PROBLEM STATEMENT:
Give back an exact copy of the lines in the records below, from the line that has "slept (suc k) s = slept k (fs.sleep s)" through the line that has "(left : ℕ) (dir", and nothing besides.

______________________________

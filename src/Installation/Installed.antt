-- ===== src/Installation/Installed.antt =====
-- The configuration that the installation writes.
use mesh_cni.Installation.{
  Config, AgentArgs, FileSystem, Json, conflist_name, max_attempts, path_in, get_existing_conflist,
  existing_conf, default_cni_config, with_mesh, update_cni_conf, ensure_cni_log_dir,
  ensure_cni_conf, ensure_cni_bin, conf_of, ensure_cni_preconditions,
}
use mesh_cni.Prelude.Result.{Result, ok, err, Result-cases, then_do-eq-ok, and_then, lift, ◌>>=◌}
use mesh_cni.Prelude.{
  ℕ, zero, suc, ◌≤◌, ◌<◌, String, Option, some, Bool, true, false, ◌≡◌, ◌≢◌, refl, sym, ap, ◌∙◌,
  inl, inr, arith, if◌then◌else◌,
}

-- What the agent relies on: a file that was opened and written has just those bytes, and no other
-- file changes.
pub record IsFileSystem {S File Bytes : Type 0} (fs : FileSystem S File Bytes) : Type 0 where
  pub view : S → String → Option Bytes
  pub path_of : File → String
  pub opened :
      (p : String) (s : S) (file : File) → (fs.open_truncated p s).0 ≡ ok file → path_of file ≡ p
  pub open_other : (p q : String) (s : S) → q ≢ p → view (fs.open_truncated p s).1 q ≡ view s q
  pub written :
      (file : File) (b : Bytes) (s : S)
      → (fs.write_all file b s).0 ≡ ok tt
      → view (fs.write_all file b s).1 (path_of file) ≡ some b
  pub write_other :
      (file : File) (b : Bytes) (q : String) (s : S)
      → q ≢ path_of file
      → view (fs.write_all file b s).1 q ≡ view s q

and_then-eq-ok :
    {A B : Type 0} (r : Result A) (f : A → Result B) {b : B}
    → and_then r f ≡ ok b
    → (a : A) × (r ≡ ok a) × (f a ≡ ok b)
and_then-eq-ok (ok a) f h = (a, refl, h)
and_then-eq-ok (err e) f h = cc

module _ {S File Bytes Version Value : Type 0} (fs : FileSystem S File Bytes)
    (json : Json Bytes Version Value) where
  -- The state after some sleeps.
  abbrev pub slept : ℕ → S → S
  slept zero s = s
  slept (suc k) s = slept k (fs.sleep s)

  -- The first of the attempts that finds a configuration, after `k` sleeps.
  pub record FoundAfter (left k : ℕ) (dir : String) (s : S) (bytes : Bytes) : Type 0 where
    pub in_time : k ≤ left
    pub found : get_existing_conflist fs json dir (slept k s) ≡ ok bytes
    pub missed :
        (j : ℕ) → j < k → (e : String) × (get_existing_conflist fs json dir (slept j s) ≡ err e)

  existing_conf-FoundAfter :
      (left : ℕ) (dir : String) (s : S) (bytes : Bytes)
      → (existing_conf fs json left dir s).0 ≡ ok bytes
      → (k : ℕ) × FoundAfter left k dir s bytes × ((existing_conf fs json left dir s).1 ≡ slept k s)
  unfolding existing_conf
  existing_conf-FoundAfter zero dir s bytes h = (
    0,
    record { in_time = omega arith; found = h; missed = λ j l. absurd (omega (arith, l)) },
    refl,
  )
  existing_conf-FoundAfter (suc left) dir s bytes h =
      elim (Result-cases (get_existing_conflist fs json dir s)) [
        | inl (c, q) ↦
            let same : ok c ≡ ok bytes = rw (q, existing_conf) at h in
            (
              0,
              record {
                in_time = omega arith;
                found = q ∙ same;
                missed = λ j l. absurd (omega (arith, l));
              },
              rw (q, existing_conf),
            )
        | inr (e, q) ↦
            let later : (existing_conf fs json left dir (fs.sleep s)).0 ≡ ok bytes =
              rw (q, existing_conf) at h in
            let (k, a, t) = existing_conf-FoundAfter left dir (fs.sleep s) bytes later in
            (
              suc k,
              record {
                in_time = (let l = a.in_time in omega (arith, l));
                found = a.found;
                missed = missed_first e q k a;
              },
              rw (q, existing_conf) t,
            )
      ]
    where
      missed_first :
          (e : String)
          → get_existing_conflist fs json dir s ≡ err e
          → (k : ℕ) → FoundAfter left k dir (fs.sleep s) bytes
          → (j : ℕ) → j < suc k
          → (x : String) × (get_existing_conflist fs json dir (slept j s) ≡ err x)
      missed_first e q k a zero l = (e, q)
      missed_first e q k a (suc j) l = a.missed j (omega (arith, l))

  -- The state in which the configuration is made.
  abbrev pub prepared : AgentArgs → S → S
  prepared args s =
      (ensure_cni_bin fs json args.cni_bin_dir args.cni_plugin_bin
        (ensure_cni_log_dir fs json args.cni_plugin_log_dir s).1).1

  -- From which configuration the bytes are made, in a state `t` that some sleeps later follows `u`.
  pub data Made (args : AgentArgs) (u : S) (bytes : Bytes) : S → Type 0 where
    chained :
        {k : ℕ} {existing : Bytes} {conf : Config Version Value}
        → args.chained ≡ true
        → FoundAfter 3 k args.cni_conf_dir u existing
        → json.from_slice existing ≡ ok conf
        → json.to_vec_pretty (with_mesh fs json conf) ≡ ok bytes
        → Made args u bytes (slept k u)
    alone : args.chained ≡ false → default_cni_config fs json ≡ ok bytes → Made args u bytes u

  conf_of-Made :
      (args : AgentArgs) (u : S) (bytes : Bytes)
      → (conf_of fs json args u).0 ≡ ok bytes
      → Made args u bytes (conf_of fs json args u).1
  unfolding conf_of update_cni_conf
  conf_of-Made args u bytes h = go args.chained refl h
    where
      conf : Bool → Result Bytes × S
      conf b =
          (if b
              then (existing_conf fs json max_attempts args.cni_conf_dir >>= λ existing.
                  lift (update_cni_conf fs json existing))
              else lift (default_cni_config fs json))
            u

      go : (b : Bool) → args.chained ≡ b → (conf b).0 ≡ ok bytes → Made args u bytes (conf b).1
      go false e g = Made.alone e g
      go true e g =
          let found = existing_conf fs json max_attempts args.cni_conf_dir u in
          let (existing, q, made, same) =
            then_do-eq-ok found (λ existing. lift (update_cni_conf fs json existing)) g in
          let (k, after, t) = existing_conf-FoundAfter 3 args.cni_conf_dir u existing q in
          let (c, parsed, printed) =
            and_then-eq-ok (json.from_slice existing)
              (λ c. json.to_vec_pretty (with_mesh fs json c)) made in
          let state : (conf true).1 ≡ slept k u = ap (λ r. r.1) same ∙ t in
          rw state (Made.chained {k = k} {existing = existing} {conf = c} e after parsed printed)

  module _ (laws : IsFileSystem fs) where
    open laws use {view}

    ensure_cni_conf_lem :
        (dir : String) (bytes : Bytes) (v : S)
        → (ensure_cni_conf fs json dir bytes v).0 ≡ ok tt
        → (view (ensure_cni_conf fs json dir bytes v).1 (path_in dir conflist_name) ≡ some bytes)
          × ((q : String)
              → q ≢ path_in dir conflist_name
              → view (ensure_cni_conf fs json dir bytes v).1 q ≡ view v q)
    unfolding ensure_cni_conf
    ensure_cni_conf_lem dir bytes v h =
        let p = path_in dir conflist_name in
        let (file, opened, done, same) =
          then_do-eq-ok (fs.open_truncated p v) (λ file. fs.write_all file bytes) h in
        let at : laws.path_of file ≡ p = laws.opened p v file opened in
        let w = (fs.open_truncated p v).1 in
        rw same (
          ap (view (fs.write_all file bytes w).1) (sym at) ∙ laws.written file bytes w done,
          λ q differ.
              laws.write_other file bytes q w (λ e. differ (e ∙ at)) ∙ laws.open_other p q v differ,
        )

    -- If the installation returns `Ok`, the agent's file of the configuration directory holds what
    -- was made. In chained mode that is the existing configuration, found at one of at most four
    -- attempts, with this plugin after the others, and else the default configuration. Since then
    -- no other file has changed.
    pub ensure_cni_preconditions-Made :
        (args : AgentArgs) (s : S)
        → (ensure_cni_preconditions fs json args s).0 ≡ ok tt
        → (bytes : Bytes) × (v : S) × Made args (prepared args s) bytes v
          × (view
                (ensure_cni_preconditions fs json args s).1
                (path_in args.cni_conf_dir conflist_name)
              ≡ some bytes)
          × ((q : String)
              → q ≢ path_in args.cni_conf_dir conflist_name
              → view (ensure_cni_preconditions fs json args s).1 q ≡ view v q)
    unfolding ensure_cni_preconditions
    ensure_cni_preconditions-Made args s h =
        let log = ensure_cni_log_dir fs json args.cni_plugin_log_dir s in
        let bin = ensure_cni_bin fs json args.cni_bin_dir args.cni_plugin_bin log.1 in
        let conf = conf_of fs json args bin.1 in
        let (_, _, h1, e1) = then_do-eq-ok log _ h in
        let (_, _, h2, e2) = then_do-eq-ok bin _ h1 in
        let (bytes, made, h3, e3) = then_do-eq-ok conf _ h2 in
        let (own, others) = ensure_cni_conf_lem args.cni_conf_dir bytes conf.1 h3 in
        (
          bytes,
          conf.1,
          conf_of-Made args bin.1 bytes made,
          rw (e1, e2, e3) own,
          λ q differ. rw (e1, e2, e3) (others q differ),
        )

______________________________

YOUR RESPONSE:
  slept (suc k) s = slept k (fs.sleep s)

  -- The first of the attempts that finds a configuration, after `k` sleeps.
  pub record FoundAfter (left k : ℕ) (dir : String) (s : S) (bytes : Bytes) : Type 0 where
    pub in_time : k ≤ left
    pub found : get_existing_conflist fs json dir (slept k s) ≡ ok bytes
    pub missed :
        (j : ℕ) → j < k → (e : String) × (get_existing_conflist fs json dir (slept j s) ≡ err e)

  existing_conf-FoundAfter :
      (left : ℕ) (dir : String) (s : S) (bytes : Bytes)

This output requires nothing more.